#### [Problem to work on]
Locate every line below that contains the word "false" and copy it.

─── Input for this task

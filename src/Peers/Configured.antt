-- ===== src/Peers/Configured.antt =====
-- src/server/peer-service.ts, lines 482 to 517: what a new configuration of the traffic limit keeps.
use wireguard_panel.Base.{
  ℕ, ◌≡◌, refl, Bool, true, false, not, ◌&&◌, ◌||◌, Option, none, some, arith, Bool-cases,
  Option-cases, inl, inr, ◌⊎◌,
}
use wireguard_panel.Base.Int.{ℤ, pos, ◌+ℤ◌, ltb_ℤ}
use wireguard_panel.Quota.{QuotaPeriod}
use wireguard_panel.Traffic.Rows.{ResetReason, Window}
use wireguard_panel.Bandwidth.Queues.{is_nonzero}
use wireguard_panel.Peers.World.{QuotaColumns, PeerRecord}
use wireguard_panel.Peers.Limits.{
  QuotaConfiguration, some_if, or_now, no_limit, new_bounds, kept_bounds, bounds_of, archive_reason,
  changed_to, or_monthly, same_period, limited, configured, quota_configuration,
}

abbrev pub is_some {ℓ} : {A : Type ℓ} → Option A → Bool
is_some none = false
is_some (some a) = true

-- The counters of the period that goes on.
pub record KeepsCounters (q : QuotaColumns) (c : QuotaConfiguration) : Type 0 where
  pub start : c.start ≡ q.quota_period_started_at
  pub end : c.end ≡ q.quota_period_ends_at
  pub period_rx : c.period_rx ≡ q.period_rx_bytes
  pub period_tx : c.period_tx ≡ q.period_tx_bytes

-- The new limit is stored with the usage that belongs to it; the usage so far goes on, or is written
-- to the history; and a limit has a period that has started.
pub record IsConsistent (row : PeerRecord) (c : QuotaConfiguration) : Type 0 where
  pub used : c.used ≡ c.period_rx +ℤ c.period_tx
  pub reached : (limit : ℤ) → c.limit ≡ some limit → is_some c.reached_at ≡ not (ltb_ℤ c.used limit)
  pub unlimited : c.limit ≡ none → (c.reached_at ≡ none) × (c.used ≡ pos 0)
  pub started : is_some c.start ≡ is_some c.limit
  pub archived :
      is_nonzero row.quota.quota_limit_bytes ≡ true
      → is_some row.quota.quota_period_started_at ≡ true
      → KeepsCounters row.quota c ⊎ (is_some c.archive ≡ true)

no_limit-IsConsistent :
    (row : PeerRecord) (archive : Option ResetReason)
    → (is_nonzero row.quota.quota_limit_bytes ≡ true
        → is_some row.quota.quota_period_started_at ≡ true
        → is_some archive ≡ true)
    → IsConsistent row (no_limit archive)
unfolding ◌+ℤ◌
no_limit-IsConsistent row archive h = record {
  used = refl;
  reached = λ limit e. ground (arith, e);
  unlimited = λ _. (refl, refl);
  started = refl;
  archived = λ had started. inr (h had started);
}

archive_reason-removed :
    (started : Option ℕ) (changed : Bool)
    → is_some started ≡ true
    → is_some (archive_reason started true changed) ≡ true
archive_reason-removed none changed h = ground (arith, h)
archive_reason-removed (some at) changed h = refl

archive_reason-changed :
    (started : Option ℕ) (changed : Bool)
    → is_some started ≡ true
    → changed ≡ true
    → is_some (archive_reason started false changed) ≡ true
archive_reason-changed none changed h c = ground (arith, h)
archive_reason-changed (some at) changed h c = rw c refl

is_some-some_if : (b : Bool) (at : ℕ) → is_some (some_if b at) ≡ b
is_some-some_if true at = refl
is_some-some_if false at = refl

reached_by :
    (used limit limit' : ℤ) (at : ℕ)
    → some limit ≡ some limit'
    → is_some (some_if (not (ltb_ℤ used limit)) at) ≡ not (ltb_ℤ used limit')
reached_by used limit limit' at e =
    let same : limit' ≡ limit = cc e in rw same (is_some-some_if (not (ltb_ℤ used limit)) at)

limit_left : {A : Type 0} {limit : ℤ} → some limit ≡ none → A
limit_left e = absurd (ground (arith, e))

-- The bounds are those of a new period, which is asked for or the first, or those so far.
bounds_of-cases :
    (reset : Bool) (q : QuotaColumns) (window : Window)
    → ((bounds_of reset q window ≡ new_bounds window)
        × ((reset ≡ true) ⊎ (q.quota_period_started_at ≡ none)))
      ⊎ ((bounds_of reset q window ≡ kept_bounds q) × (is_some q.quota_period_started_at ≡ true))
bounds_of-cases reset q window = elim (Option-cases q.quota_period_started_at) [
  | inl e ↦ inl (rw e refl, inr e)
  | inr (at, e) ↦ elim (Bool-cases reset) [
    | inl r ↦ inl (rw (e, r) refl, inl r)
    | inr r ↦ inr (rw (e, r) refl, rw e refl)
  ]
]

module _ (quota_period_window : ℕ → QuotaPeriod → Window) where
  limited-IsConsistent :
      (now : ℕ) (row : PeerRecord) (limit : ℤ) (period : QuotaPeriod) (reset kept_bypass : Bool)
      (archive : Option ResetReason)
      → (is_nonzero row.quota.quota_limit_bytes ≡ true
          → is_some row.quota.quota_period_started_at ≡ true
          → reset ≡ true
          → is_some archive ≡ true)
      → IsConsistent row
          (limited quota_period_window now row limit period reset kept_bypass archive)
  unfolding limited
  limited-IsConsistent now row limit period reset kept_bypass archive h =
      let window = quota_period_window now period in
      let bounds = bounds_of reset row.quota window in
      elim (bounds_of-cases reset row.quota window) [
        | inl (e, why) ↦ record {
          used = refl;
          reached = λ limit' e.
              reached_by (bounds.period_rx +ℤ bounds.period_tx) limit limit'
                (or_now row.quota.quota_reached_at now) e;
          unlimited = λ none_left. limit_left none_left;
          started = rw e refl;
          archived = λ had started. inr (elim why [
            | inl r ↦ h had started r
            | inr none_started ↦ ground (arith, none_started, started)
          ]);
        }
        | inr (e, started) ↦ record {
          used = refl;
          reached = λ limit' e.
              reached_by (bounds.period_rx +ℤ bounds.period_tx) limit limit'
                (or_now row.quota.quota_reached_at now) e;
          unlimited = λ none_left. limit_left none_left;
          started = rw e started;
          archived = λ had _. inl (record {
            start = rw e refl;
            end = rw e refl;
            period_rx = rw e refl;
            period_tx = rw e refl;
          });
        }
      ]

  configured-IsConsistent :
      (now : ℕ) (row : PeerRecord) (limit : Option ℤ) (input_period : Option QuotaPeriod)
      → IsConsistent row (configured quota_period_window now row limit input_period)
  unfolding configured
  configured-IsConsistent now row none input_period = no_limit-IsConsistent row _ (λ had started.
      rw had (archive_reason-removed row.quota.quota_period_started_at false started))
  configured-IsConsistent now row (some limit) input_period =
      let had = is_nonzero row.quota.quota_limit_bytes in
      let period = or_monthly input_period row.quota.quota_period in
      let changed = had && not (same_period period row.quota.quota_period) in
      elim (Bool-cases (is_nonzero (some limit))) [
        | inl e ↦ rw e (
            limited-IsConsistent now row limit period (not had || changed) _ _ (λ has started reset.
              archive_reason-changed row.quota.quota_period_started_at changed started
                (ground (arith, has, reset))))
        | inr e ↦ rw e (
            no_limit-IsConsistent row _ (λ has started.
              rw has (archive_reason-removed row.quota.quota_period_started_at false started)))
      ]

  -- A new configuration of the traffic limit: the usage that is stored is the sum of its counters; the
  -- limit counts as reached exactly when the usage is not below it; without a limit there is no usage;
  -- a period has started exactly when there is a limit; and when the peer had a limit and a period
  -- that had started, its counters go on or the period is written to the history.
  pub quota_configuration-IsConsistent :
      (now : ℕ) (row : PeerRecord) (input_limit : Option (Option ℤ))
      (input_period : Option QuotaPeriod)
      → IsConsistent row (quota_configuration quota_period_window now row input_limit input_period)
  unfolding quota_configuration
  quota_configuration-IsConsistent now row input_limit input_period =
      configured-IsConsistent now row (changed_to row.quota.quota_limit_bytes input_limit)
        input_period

──────

#### [The answer]
  ℕ, ◌≡◌, refl, Bool, true, false, not, ◌&&◌, ◌||◌, Option, none, some, arith, Bool-cases,
is_some none = false
    → is_some (archive_reason started false changed) ≡ true
is_some-some_if false at = refl
      rw had (archive_reason-removed row.quota.quota_period_started_at false started))
              rw has (archive_reason-removed row.quota.quota_period_started_at false started)))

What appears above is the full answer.